-- Task objective --
Beginning with the line that holds "lost : (message : Text) → HttpReply" in the data below, give again every line through the one that holds "pub health : List", exactly as written.

-- Provided data --

-----

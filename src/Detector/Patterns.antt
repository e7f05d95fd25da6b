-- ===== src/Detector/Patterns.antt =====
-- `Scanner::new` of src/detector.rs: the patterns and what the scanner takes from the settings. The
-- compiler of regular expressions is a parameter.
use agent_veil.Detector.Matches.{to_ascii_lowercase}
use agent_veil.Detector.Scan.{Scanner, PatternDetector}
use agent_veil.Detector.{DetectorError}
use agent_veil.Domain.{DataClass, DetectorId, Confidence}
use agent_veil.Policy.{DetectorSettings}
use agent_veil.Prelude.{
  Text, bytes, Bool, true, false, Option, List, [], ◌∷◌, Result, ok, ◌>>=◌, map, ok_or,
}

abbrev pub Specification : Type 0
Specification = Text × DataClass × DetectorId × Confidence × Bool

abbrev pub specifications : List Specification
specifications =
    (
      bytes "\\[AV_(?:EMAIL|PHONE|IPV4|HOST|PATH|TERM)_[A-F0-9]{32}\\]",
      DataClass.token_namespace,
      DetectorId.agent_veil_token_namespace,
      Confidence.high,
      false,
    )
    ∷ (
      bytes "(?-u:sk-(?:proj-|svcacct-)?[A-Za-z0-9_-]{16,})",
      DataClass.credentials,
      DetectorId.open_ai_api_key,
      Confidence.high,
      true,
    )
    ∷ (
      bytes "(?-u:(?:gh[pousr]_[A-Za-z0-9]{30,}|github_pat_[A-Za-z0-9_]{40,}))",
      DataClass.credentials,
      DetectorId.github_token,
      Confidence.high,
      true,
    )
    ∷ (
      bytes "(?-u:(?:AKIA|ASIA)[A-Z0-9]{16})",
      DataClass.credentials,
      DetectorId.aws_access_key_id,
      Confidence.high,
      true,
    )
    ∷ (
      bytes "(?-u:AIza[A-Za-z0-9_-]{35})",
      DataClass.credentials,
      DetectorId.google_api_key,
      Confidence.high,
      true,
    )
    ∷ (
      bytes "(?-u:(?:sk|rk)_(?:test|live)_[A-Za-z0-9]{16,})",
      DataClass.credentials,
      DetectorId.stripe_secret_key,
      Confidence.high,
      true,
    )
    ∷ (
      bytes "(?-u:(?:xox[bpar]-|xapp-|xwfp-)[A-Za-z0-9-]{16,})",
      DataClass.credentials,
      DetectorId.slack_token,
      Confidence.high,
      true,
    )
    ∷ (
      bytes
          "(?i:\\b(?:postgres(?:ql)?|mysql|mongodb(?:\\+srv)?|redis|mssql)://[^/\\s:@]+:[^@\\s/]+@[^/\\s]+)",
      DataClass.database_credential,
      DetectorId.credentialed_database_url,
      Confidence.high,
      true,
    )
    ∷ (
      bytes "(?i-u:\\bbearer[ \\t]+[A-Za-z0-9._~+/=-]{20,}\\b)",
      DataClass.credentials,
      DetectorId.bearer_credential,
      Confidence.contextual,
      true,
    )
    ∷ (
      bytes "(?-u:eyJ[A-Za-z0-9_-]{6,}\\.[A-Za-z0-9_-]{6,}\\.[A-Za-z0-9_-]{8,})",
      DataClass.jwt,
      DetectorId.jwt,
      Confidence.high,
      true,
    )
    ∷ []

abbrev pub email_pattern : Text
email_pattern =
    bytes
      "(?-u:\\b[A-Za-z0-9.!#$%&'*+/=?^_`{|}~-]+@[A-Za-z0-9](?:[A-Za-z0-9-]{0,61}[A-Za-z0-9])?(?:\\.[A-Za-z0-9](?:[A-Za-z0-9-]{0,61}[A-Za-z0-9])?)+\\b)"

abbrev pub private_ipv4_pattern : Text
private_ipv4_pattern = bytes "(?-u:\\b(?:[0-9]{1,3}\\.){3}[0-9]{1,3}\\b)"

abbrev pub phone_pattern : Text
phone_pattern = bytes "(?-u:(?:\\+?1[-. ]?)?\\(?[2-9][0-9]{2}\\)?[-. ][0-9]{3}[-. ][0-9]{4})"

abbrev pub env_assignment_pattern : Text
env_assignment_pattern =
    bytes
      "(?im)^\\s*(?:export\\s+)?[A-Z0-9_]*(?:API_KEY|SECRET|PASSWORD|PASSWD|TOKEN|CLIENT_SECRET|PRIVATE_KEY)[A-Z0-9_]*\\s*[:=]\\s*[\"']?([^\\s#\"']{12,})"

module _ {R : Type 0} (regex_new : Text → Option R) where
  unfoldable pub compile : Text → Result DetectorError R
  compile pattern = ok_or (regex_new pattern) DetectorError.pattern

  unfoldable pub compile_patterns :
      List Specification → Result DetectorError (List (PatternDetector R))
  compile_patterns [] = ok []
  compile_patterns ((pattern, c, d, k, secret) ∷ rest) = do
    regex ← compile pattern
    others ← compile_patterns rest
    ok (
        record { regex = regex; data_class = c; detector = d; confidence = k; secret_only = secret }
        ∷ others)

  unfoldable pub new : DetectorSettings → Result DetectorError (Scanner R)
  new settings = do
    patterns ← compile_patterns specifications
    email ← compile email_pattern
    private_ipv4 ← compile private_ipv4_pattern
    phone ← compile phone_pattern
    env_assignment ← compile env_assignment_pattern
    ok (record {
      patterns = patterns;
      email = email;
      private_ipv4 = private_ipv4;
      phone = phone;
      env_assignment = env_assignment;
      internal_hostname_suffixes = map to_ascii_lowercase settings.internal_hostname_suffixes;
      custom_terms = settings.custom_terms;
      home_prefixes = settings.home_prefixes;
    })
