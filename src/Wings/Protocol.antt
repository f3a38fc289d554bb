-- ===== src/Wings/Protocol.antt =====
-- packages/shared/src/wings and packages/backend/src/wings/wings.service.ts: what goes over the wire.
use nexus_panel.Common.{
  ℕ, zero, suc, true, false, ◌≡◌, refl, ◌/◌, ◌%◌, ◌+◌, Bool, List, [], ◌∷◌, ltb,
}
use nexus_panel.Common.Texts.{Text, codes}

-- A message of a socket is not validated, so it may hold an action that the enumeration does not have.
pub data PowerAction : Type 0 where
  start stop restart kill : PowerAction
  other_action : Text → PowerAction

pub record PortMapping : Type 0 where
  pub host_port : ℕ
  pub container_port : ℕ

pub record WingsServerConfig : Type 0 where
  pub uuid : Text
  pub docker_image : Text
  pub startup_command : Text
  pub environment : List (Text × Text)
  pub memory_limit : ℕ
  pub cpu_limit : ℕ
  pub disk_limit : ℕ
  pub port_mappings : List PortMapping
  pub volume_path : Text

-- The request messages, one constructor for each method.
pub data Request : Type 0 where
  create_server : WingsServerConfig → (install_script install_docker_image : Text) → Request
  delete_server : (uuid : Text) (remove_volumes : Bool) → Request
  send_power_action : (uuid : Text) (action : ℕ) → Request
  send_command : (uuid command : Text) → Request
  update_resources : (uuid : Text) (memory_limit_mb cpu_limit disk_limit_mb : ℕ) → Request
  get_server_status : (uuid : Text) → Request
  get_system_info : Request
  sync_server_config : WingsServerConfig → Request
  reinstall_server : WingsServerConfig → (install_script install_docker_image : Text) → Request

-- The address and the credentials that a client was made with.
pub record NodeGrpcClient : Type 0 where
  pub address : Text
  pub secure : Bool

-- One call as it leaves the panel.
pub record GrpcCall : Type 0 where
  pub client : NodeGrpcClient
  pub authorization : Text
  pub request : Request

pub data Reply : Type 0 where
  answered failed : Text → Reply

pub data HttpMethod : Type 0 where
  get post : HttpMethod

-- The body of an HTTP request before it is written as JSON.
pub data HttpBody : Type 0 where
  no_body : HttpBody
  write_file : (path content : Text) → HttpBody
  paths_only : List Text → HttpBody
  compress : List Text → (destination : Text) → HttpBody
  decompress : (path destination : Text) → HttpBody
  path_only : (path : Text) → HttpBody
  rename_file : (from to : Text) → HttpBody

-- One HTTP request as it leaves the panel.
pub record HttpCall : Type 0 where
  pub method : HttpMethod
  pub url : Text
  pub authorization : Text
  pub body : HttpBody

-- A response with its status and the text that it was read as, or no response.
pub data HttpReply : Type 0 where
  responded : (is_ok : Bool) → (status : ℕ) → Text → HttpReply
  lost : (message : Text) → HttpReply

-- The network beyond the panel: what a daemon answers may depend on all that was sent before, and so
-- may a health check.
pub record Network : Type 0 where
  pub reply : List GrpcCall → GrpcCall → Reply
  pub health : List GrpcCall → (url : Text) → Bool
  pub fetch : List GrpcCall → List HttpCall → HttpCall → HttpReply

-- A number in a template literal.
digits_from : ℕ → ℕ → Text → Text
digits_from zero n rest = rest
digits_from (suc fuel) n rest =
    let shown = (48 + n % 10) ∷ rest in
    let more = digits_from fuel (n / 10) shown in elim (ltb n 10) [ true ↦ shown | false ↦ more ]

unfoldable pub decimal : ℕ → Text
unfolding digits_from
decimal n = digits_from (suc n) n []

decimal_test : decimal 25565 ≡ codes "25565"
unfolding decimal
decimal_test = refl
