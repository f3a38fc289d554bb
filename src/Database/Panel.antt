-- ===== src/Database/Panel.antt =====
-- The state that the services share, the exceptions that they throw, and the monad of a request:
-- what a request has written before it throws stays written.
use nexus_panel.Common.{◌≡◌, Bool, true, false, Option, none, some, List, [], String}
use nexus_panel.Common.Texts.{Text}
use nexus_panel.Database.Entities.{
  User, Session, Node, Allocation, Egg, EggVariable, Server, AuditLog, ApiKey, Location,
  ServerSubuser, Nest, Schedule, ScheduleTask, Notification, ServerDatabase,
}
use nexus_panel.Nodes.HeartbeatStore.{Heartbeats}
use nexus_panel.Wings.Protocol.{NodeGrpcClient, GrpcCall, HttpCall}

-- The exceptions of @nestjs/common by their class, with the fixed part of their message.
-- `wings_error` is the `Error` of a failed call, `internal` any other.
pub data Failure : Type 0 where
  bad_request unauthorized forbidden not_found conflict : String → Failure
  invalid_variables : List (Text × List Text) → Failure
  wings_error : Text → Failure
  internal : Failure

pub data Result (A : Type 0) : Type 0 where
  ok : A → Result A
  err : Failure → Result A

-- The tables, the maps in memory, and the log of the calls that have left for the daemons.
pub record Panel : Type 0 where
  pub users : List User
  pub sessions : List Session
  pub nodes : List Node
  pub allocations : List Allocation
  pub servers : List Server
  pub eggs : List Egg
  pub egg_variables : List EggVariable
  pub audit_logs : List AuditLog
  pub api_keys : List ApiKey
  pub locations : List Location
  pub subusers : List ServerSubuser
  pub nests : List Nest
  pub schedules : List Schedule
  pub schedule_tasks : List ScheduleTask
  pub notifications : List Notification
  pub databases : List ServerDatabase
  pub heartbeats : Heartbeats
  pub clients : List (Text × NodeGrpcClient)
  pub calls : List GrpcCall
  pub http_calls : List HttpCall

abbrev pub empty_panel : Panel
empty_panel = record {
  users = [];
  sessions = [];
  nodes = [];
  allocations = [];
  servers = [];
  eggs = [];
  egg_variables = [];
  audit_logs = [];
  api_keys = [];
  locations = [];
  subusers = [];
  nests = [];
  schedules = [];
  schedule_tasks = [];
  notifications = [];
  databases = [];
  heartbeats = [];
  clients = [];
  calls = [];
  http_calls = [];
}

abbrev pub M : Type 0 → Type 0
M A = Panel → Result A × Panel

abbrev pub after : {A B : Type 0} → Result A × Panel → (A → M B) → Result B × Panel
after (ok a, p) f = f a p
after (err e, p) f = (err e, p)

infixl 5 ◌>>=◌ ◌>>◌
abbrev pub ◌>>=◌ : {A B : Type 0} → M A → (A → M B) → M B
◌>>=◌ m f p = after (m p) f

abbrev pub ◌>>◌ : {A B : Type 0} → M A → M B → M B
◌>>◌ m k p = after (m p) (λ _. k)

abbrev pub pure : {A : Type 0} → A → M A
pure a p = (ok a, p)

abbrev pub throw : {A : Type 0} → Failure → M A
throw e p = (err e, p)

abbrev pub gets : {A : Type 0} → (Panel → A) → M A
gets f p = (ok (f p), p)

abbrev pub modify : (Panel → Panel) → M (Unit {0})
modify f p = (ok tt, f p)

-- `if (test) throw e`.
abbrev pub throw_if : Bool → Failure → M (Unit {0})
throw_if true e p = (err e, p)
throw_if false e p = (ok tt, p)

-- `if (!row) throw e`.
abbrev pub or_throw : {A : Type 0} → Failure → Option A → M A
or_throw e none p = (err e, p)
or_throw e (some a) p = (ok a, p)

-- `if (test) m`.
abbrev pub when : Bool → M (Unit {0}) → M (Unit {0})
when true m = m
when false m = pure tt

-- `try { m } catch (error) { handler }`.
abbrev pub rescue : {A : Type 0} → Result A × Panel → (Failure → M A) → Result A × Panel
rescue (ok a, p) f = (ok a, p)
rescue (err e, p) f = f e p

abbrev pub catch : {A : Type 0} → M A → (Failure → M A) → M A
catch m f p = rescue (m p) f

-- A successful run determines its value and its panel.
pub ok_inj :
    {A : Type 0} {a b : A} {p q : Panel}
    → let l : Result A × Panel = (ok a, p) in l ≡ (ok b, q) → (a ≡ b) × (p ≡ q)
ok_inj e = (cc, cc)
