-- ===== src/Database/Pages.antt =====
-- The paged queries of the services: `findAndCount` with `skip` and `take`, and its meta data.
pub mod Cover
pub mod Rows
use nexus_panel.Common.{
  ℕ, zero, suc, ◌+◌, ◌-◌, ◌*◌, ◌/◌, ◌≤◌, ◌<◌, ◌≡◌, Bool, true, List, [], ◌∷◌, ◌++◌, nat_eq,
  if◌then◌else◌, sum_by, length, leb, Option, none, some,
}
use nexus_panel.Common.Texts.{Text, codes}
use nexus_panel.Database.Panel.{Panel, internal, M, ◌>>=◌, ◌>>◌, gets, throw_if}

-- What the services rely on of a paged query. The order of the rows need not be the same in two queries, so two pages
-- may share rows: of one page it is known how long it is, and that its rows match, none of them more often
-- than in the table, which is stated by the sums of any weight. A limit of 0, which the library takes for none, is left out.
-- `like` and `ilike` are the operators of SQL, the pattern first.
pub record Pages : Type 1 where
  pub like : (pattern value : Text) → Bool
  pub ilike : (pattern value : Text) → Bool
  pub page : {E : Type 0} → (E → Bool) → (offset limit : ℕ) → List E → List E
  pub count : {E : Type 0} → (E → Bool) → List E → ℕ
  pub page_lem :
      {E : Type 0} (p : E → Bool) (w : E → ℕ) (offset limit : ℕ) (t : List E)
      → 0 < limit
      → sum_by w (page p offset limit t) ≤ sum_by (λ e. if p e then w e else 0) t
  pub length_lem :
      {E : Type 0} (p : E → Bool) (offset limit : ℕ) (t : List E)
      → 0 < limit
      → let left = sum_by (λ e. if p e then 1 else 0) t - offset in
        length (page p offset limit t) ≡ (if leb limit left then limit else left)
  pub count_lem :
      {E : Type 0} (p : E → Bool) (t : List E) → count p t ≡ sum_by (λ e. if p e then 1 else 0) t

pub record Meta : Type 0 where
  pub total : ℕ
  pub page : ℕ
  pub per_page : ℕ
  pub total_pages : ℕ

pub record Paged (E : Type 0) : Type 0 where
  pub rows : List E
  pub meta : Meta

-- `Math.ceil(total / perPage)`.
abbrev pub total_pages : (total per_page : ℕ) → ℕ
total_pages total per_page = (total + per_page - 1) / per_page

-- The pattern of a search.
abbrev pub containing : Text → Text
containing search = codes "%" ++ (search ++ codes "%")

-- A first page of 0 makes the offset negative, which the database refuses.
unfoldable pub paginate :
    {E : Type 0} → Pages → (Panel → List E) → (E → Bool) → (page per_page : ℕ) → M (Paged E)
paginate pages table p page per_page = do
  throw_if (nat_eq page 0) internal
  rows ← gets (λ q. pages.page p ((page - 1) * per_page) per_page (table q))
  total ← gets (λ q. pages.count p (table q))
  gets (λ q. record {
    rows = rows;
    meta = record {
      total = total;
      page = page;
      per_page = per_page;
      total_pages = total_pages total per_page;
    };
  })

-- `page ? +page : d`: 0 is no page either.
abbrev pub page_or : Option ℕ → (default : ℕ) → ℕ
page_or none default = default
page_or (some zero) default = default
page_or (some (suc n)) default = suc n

-----

-- Response to this task --
  lost : (message : Text) → HttpReply

-- The network beyond the panel: what a daemon answers may depend on all that was sent before, and so
-- may a health check.
pub record Network : Type 0 where
  pub reply : List GrpcCall → GrpcCall → Reply
  pub health : List GrpcCall → (url : Text) → Bool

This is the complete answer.